Problem description.
Among the lines below, which ones contain the word "behind"? Copy every such line.

=== Section Start ===

-- ===== src/Daemon/Spaces.antt =====
-- group/dlm_controld/main.c: the lockspaces and the registered file systems; dlm_join_lockspace and
-- dlm_leave_lockspace of group/dlm_controld/cpg.c.
use dlm.Base.{
  ℕ, zero, suc, Bool, true, false, not, ◌&&◌, Option, none, some, List, [], ◌∷◌, ◌++◌, ◌==◌,
  if◌then◌else◌,
}
use dlm.Plock.Types.{Mem, malloc}
use dlm.Plock.Device.{same_name}
use dlm.Group.Types.{Space}
use dlm.Daemon.Crc.{cpgname_to_crc}
use dlm.Daemon.Clients.{Table, process_lockspace_cpg, client_add, client_dead}

-- 0, and the negated error numbers.
pub data Answer : Type 0 where
  zero_answer minus_one ealready enomem enoent esrch eagain : Answer

-- What the daemon does to the outside: a reply to a client, the result of a uevent to the kernel,
-- calls of the group communication service, and the start of the deadlock detection. `crash` is a
-- read from a NULL pointer, behind which the state means nothing.
pub data DaemonOut : Type 0 where
  reply : Option ℕ → ℕ → List ℕ → Answer → ℕ → DaemonOut
  crash : DaemonOut
  event_done : List ℕ → Answer → DaemonOut
  cpg_finalize cpg_leave : ℕ → DaemonOut
  cycle_start : List ℕ → DaemonOut

-- `lockspaces`, `fs_register_list` and the clients, with the allocator and the outputs. `stale` is what
-- the memory of the next `struct fs_reg`, which is not cleared, holds up to a 0 behind the bytes that
-- `strncpy` writes into its name.
pub record Daemon : Type 0 where
  pub spaces : List Space
  pub registered : List (List ℕ)
  pub table : Table
  pub mem : Mem
  pub out : List DaemonOut
  pub stale : List (List ℕ) → List ℕ

abbrev pub tell : DaemonOut → Daemon → Daemon
tell o d = record d { out = d.out ++ o ∷ [] }

-- `find_ls`
unfoldable pub find_space : List ℕ → List Space → Option Space
unfolding same_name
find_space name [] = none
find_space name (ls ∷ rest) =
    if same_name ls.plocks.name name then some ls else find_space name rest

-- Writes to the lockspace that `find_ls` finds.
unfoldable pub change_space : List ℕ → (Space → Space) → List Space → List Space
unfolding same_name
change_space name f [] = []
change_space name f (ls ∷ rest) =
    if same_name ls.plocks.name name then f ls ∷ rest else ls ∷ change_space name f rest

-- `find_ls_ci`
unfoldable pub find_ls_ci : ℕ → List Space → Option Space
find_ls_ci ci [] = none
find_ls_ci ci (ls ∷ rest) = if ls.cpg_client == ci then some ls else find_ls_ci ci rest

-- `list_del` of the lockspace that `find_ls_ci` finds.
unfoldable pub remove_space : ℕ → List Space → List Space
remove_space ci [] = []
remove_space ci (ls ∷ rest) = if ls.cpg_client == ci then rest else ls ∷ remove_space ci rest

-- `strncpy` into a name, of DLM_LOCKSPACE_LEN bytes at most.
unfoldable pub first_bytes : ℕ → List ℕ → List ℕ
first_bytes zero name = []
first_bytes (suc n) [] = []
first_bytes (suc n) (c ∷ cs) = c ∷ first_bytes n cs

abbrev pub copy_name : List ℕ → List ℕ
copy_name = first_bytes 64

-- `strncpy` of DLM_LOCKSPACE_LEN bytes into memory that is not cleared, read as a string: a shorter
-- name is ended by the copy, any other goes on with what is there.
unfoldable pub stale_copy : ℕ → List ℕ → List ℕ → List ℕ
stale_copy zero name stale = stale
stale_copy (suc n) [] stale = []
stale_copy (suc n) (c ∷ cs) stale = c ∷ stale_copy n cs stale

unfoldable pub fs_register_check : List ℕ → List (List ℕ) → Bool
unfolding same_name
fs_register_check name [] = false
fs_register_check name (fs ∷ rest) = if same_name name fs then true else fs_register_check name rest

unfoldable pub fs_register_add : List ℕ → Daemon → Answer × Daemon
unfolding fs_register_check malloc stale_copy
fs_register_add name d =
    if fs_register_check name d.registered
    then (ealready, d)
    else (let (given, mem) = malloc d.mem in
        if not given then (enomem, record d { mem = mem }) else (
          zero_answer,
          record d {
            mem = mem;
            registered = stale_copy 64 name (d.stale d.registered) ∷ d.registered;
          },
        ))

unfoldable pub fs_register_del : List ℕ → List (List ℕ) → List (List ℕ)
unfolding same_name
fs_register_del name [] = []
fs_register_del name (fs ∷ rest) =
    if same_name name fs then rest else fs ∷ fs_register_del name rest

-- A cleared lockspace with its name, as `create_ls` makes it.
abbrev pub new_space : List ℕ → Space
new_space name = record {
  plocks = record {
    name = copy_name name;
    global_id = 0;
    associated_mg_id = 0;
    save_plocks = false;
    plock_resources = [];
    saved_messages = [];
    last_checkpoint_time = 0;
    drop_resources_last = record { sec = 0; usec = 0 };
  };
  cpg_handle = 0;
  cpg_client = 0;
  joining = false;
  leaving = false;
  kernel_stopped = false;
  fs_registered = false;
  change_seq = 0;
  started_count = 0;
  started_change = none;
  changes = [];
  node_history = [];
  plock_ckpt_node = 0;
  need_plocks = false;
}

-- The answers of a call of `cpg_join`: CPG_OK, CPG_ERR_TRY_AGAIN, or another error.
pub data CpgAnswer : Type 0 where
  cpg_ok try_again cpg_error : CpgAnswer

-- What a join finds: the settings, whether `fence_in_progress` succeeds, the handle and the
-- descriptor of `cpg_initialize` unless it fails, and the answers to the calls of `cpg_join`.
pub record JoinEnv : Type 0 where
  pub enable_fencing : Bool
  pub fence_domain : Bool
  pub cpg_initialize : Option (ℕ × ℕ)
  pub join_answers : List CpgAnswer

-- The loop around `cpg_join`, over its answers, the last of which is the result.
unfoldable pub cpg_join : List CpgAnswer → Bool
cpg_join [] = true
cpg_join (cpg_ok ∷ rest) = true
cpg_join (try_again ∷ rest) = cpg_join rest
cpg_join (cpg_error ∷ rest) = false

-- The name of a lockspace's group, with the byte that ends it.
abbrev pub group_name : List ℕ → List ℕ
group_name name = b'd' ∷ b'l' ∷ b'm' ∷ b':' ∷ b'l' ∷ b's' ∷ b':' ∷ (name ++ 0 ∷ [])

-- What `dlm_join_lockspace` writes to its lockspace.
abbrev pub joining_space : Space → ℕ → ℕ → Space
joining_space ls h ci = record ls {
  cpg_handle = h;
  cpg_client = ci;
  kernel_stopped = true;
  need_plocks = true;
  joining = true;
  plocks = record (ls.plocks) { global_id = cpgname_to_crc (group_name ls.plocks.name) };
}

-- `dlm_join_lockspace` once it has a client: `list_add`, `cpg_join`, and the label `fail`, where
-- `list_del` takes the lockspace out again.
unfoldable pub join_group : List CpgAnswer → ℕ → Space → ℕ × Table → Daemon → Bool × Daemon
unfolding cpg_join client_dead
join_group answers h ls (ci, table) d =
    if cpg_join answers
    then (true, record d { table = table; spaces = joining_space ls h ci ∷ d.spaces })
    else (
      false,
      tell (event_done ls.plocks.name minus_one) (
          tell (cpg_finalize h)
            (tell (cpg_finalize h) (record d { table = client_dead ci table }))),
    )

-- `dlm_join_lockspace`; `false` is a lockspace that is freed.
unfoldable pub dlm_join_lockspace : JoinEnv → Space → Daemon → Bool × Daemon
unfolding join_group client_add
dlm_join_lockspace env ls d =
    if env.enable_fencing && not env.fence_domain
    then (false, tell (event_done ls.plocks.name minus_one) d)
    else elim env.cpg_initialize [
      | none ↦ (false, tell (event_done ls.plocks.name minus_one) d)
      | some (h, fd) ↦ elim (client_add fd process_lockspace_cpg none d.table) [
        | none ↦ (false, d)
        | some added ↦ join_group env.join_answers h ls added d
      ]
    ]

-- `dlm_leave_lockspace`; errors of `cpg_leave` are only logged.
unfoldable pub dlm_leave_lockspace : Space → Daemon → Daemon
unfolding change_space
dlm_leave_lockspace ls d =
    tell (cpg_leave ls.cpg_handle) (record d {
      spaces = change_space ls.plocks.name (λ l. record l { leaving = true }) d.spaces;
    })
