-- ===== src/Daemon/Slots.antt =====
-- group/dlm_controld/main.c: a new client gets a free slot, and the other slots stay as they are.
use mathlib.Core.Path.{subst}
use dlm.Base.{
  some-inj, ℕ, zero, suc, ◌≤◌, ◌≡◌, refl, sym, ap, ◌∙◌, Bool, true, false, Option, none, some, List,
  [], ◌∷◌, ◌++◌, ◌==◌, if◌then◌else◌, arith, Option-cases, inl, inr, is_empty,
}
use dlm.Daemon.Clients.{
  Work, process_lockspace_cpg, Dead, Client, Table, blank, blanks, client_alloc, slot, change_slot,
  free_slot, dead_or, fill_slot, search_slot, client_add,
}

-- A slot of the table passes a test.
abbrev pub passes : (Client → Bool) → Option Client → Bool
passes p none = false
passes p (some c) = p c

abbrev pub has_fd : Client → Bool
has_fd c = elim c.fd [ none ↦ false | some fd ↦ true ]

-- The open client of a lockspace.
abbrev pub is_group : Client → Bool
is_group c = elim c.fd [
  | none ↦ false
  | some fd ↦ elim c.work [ some process_lockspace_cpg ↦ true | _ ↦ false ]
]

pub is_group→has_fd : (c : Client) → is_group c ≡ true → has_fd c ≡ true
is_group→has_fd c h = elim (Option-cases c.fd) [
  | inl e ↦ ground (arith, e)
  | inr (fd, e) ↦ ground (arith, e)
]

slot-blanks : (p : Client → Bool) (n j : ℕ) → p blank ≡ false → passes p (slot (blanks n) j) ≡ false
unfolding slot
slot-blanks p zero j e = refl
slot-blanks p (suc n) zero e = e
slot-blanks p (suc n) (suc j) e = slot-blanks p n j e

slot-more :
    (p : Client → Bool) (cs : List Client) (n j : ℕ)
    → p blank ≡ false
    → passes p (slot (cs ++ blanks n) j) ≡ passes p (slot cs j)
unfolding slot
slot-more p [] n j e = slot-blanks p n j e
slot-more p (c ∷ rest) n zero e = refl
slot-more p (c ∷ rest) n (suc j) e = slot-more p rest n j e

pub slot-change_slot_other :
    (f : Client → Client) (i j : ℕ) (cs : List Client)
    → (i == j) ≡ false
    → slot (change_slot f i cs) j ≡ slot cs j
unfolding slot change_slot
slot-change_slot_other f i j [] h = refl
slot-change_slot_other f zero zero (c ∷ rest) h = cc
slot-change_slot_other f zero (suc j) (c ∷ rest) h = refl
slot-change_slot_other f (suc i) zero (c ∷ rest) h = refl
slot-change_slot_other f (suc i) (suc j) (c ∷ rest) h =
    slot-change_slot_other f i j rest (ground arith)

-- The slot that is found is free, and a write to it is read back.
free_slot-found :
    (cs : List Client) (i : ℕ) (new : Client)
    → free_slot cs ≡ some i
    → (passes has_fd (slot cs i) ≡ false) × (slot (change_slot (λ _. new) i cs) i ≡ some new)
unfolding free_slot slot change_slot
free_slot-found [] i new h = cc
free_slot-found (c ∷ rest) zero new h = ground arith
free_slot-found (c ∷ rest) (suc i) new h = ground (arith, free_slot-found rest i new)

free_slot-append :
    (cs : List Client) (n : ℕ) → (i : ℕ) × (free_slot (cs ++ blanks (suc n)) ≡ some i)
unfolding free_slot
free_slot-append [] n = (0, refl)
free_slot-append (c ∷ rest) n = elim (Option-cases c.fd) [
  | inl e ↦ (0, rw e refl)
  | inr (fd, e) ↦ let (i, later) = free_slot-append rest n in (suc i, rw e (rw later refl))
]

-- A client was put in a slot that was free, and the table is otherwise the same.
pub record Adds (new : Client) (t t' : Table) (i : ℕ) : Type 0 where
  pub here : slot t'.clients i ≡ some new
  pub was_free : passes has_fd (slot t.clients i) ≡ false
  pub others :
      (p : Client → Bool) (j : ℕ)
      → p blank ≡ false
      → (i == j) ≡ false
      → passes p (slot t'.clients j) ≡ passes p (slot t.clients j)
  pub bound : (i ≤ t'.maxi) × (t.maxi ≤ t'.maxi)

abbrev pub new_client : ℕ → Work → Option Dead → Client
new_client fd work dead = record {
  fd = some fd;
  work = some work;
  dead = some (dead_or dead);
  polled = some fd;
}

module _ (fd : ℕ) (work : Work) (dead : Option Dead) where
  fill_slot-Adds :
      (i : ℕ) (t : Table)
      → free_slot t.clients ≡ some i
      → Adds (new_client fd work dead) t (fill_slot fd work dead i t).1 i
  unfolding fill_slot
  fill_slot-Adds i t h =
      let found = free_slot-found t.clients i (new_client fd work dead) h in
      record {
        here = found.1;
        was_free = found.0;
        others = λ p j e ne. ap (passes p) (slot-change_slot_other _ i j t.clients ne);
        bound = ground arith;
      }

  client_alloc-Adds :
      (t t' : Table) (i : ℕ)
      → Adds (new_client fd work dead) (client_alloc t) t' i
      → Adds (new_client fd work dead) t t' i
  unfolding client_alloc
  client_alloc-Adds t t' i a = record {
    here = a.here;
    was_free = sym (slot-more has_fd t.clients 32 i refl) ∙ a.was_free;
    others = λ p j e ne. a.others p j e ne ∙ slot-more p t.clients 32 j e;
    bound = a.bound;
  }

  -- One search, with what a later one does.
  found-Adds :
      (n : ℕ) (t t' : Table) (i : ℕ)
      → (search_slot n fd work dead (client_alloc t) ≡ some (i, t')
          → Adds (new_client fd work dead) (client_alloc t) t' i)
      → (found : Option ℕ) → free_slot t.clients ≡ found
      → (elim found [
        | some j ↦ some (fill_slot fd work dead j t)
        | none ↦ search_slot n fd work dead (client_alloc t)
      ])
        ≡ some (i, t')
      → Adds (new_client fd work dead) t t' i
  unfolding fill_slot
  found-Adds n t t' i later none e k = client_alloc-Adds t t' i (later k)
  found-Adds n t t' i later (some j) e k =
      subst (λ r. Adds (new_client fd work dead) t r.1 r.0) (some-inj k) (fill_slot-Adds j t e)

  search_slot-Adds :
      (n : ℕ) (t t' : Table) (i : ℕ)
      → search_slot n fd work dead t ≡ some (i, t')
      → Adds (new_client fd work dead) t t' i
  unfolding search_slot
  search_slot-Adds zero t t' i h = cc
  search_slot-Adds (suc n) t t' i h =
      found-Adds n t t' i (search_slot-Adds n (client_alloc t) t' i) (free_slot t.clients) refl h

  started-Adds :
      (empty : Bool) (t t' : Table) (i : ℕ)
      → search_slot 2 fd work dead (if empty then client_alloc t else t) ≡ some (i, t')
      → Adds (new_client fd work dead) t t' i
  started-Adds true t t' i h = client_alloc-Adds t t' i (search_slot-Adds 2 (client_alloc t) t' i h)
  started-Adds false t t' i h = search_slot-Adds 2 t t' i h

  pub client_add-Adds :
      (t t' : Table) (i : ℕ)
      → client_add fd work dead t ≡ some (i, t')
      → Adds (new_client fd work dead) t t' i
  unfolding client_add
  client_add-Adds t t' i h = started-Adds (is_empty t.clients) t t' i h

  search_slot-found :
      (n : ℕ) (t : Table) {i : ℕ}
      → free_slot t.clients ≡ some i
      → search_slot (suc n) fd work dead t ≡ some (fill_slot fd work dead i t)
  unfolding search_slot fill_slot
  search_slot-found n t h = rw (h, search_slot) refl

  search_slot-full :
      (n : ℕ) (t : Table)
      → free_slot t.clients ≡ none
      → search_slot (suc n) fd work dead t ≡ search_slot n fd work dead (client_alloc t)
  unfolding search_slot
  search_slot-full n t h = rw (h, search_slot) refl

  search_slot-some : (t : Table) → (r : ℕ × Table) × (search_slot 2 fd work dead t ≡ some r)
  unfolding client_alloc
  search_slot-some t = elim (Option-cases (free_slot t.clients)) [
    | inr (i, e) ↦ (fill_slot fd work dead i t, search_slot-found 1 t e)
    | inl e ↦
        let (i, found) = free_slot-append t.clients 31 in
        (
          fill_slot fd work dead i (client_alloc t),
          search_slot-full 1 t e ∙ search_slot-found 0 (client_alloc t) found,
        )
  ]

  -- Two searches are enough.
  pub client_add-some : (t : Table) → (r : ℕ × Table) × (client_add fd work dead t ≡ some r)
  unfolding client_add
  client_add-some t = search_slot-some (if is_empty t.clients then client_alloc t else t)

=== Section End ===

Written response.
-- read from a NULL pointer, behind which the state means nothing.
-- the memory of the next `struct fs_reg`, which is not cleared, holds up to a 0 behind the bytes that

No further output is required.